WORK INSTRUCTIONS >> Read the data below line by line and copy each one with "after" in it.

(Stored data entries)
================

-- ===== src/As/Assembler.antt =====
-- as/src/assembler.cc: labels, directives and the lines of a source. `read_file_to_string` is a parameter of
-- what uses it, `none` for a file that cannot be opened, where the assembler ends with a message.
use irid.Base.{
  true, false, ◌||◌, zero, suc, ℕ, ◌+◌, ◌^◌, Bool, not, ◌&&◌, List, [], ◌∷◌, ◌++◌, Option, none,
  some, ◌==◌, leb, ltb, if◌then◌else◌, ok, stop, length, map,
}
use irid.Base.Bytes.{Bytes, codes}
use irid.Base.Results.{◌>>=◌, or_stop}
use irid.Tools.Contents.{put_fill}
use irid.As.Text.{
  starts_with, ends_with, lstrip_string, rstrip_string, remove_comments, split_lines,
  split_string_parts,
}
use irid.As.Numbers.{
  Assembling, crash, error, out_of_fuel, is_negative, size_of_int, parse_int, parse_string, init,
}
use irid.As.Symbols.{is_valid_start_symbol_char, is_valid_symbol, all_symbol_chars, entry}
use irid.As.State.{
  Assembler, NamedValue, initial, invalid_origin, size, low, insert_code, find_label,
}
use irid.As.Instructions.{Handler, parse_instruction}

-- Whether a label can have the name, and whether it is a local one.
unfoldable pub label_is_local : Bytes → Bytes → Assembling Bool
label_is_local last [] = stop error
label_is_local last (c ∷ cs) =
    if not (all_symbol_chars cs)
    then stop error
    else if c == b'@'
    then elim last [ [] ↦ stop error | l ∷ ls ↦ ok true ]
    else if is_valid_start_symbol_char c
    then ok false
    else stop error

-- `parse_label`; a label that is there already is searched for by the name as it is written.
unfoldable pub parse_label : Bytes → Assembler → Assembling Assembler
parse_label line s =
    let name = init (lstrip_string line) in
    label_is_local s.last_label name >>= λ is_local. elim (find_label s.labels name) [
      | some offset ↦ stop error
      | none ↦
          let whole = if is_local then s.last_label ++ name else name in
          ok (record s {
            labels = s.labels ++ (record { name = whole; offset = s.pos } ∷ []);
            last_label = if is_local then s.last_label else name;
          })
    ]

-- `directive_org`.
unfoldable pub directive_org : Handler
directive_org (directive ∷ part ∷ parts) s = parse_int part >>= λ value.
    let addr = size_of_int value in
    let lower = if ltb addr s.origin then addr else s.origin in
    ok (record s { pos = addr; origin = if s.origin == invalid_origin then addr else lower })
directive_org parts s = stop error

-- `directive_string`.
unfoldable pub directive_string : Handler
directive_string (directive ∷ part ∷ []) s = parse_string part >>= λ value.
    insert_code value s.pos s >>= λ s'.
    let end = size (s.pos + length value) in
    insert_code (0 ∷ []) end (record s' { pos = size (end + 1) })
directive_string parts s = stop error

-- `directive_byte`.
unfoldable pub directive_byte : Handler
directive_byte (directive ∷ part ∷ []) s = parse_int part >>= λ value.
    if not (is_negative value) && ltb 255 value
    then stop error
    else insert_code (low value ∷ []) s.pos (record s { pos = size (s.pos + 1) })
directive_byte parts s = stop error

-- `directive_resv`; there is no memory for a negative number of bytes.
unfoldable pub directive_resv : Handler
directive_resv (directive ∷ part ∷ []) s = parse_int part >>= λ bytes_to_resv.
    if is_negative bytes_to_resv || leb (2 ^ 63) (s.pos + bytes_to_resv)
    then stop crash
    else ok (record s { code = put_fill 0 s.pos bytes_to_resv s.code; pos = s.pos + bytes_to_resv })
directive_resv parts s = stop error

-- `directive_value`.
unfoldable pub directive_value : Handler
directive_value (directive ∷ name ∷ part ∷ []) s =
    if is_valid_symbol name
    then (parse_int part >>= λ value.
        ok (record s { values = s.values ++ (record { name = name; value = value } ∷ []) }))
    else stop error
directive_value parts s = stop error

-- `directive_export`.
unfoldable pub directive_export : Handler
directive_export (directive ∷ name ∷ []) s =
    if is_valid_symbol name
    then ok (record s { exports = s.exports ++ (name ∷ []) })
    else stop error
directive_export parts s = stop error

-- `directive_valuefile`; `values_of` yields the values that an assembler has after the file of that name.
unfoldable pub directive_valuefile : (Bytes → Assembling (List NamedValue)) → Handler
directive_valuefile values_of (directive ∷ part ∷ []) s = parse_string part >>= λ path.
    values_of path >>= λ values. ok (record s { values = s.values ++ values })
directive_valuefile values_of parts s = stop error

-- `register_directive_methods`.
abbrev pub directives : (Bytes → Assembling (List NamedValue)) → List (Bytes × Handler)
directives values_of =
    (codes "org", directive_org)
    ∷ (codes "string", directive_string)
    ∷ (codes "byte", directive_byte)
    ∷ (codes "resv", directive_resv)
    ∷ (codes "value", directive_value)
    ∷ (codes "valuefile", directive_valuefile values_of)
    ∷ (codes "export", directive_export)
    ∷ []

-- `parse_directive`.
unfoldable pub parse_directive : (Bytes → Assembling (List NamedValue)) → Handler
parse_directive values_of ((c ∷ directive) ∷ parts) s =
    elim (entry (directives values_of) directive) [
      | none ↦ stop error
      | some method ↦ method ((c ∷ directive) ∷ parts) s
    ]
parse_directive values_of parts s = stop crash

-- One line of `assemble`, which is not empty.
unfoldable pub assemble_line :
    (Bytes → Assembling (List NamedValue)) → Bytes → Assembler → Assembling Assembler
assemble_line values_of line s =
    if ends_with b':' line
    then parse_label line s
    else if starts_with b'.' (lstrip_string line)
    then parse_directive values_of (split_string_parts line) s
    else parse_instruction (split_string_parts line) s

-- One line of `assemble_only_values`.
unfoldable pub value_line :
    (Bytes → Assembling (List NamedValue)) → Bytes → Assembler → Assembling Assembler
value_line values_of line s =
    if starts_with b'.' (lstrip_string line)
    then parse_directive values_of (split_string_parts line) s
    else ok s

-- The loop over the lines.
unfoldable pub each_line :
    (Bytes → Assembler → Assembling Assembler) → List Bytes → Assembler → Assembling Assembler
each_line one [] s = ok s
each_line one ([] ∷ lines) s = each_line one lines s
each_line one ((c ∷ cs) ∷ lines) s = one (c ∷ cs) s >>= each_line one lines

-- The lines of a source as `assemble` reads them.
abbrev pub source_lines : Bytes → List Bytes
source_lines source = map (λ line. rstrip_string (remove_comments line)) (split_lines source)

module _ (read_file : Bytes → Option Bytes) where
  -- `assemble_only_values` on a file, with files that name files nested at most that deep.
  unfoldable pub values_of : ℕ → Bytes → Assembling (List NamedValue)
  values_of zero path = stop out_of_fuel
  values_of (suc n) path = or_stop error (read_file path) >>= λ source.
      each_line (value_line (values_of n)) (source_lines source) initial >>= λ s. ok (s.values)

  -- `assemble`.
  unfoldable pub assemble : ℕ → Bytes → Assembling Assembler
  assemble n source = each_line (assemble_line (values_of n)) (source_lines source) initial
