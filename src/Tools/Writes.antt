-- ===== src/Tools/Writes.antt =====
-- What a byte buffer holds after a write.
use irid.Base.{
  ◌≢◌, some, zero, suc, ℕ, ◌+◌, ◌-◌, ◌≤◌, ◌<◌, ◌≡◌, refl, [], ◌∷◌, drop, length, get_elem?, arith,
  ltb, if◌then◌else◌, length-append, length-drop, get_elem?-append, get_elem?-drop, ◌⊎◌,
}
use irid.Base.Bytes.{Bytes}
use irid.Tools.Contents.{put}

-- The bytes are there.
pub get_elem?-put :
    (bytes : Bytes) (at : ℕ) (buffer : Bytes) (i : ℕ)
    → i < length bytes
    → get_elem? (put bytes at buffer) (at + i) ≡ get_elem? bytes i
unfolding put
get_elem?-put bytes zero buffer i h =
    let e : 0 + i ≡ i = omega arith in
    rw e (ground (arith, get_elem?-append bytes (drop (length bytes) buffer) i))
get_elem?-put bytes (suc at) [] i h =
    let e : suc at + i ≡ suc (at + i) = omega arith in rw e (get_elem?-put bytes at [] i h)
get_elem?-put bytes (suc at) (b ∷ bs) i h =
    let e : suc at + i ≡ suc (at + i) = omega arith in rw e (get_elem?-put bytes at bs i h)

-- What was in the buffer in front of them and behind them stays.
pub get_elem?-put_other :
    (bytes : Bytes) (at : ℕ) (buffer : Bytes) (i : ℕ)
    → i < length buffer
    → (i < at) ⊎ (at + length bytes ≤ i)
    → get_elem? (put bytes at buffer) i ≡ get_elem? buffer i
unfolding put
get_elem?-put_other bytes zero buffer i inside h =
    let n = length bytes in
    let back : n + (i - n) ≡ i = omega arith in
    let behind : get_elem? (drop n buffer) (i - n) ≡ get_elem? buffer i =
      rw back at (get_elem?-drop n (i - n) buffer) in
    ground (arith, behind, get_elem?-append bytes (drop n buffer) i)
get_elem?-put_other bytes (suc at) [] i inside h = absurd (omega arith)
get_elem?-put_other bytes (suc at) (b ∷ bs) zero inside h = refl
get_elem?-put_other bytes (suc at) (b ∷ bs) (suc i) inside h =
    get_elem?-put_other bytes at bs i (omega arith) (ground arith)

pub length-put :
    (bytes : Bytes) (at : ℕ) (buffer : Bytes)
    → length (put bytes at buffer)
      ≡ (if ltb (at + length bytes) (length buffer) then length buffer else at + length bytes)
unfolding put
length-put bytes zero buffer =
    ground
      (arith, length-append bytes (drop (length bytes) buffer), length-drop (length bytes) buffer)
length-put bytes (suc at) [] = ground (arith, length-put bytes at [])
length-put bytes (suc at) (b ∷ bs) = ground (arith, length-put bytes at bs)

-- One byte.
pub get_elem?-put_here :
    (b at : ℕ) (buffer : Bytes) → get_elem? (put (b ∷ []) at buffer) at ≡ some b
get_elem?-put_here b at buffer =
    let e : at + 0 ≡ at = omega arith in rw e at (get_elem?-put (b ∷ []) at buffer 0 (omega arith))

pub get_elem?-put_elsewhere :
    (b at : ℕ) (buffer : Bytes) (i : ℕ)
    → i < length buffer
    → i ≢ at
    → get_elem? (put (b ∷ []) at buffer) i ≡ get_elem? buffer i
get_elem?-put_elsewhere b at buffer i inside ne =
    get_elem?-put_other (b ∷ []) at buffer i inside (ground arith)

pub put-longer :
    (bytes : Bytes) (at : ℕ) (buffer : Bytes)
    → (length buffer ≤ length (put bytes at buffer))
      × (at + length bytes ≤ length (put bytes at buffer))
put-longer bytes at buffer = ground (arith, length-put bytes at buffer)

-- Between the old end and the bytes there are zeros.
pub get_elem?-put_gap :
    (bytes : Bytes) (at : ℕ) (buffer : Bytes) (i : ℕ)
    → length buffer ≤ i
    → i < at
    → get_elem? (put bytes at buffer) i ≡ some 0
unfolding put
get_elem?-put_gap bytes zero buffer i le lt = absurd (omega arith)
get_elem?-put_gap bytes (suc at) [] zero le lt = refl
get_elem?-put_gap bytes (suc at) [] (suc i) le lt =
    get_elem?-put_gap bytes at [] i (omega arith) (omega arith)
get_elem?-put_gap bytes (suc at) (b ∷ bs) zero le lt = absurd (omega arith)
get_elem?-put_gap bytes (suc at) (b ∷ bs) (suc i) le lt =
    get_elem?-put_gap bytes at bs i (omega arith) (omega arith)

================

ANSWER >>
-- `directive_valuefile`; `values_of` yields the values that an assembler has after the file of that name.
-- What a byte buffer holds after a write.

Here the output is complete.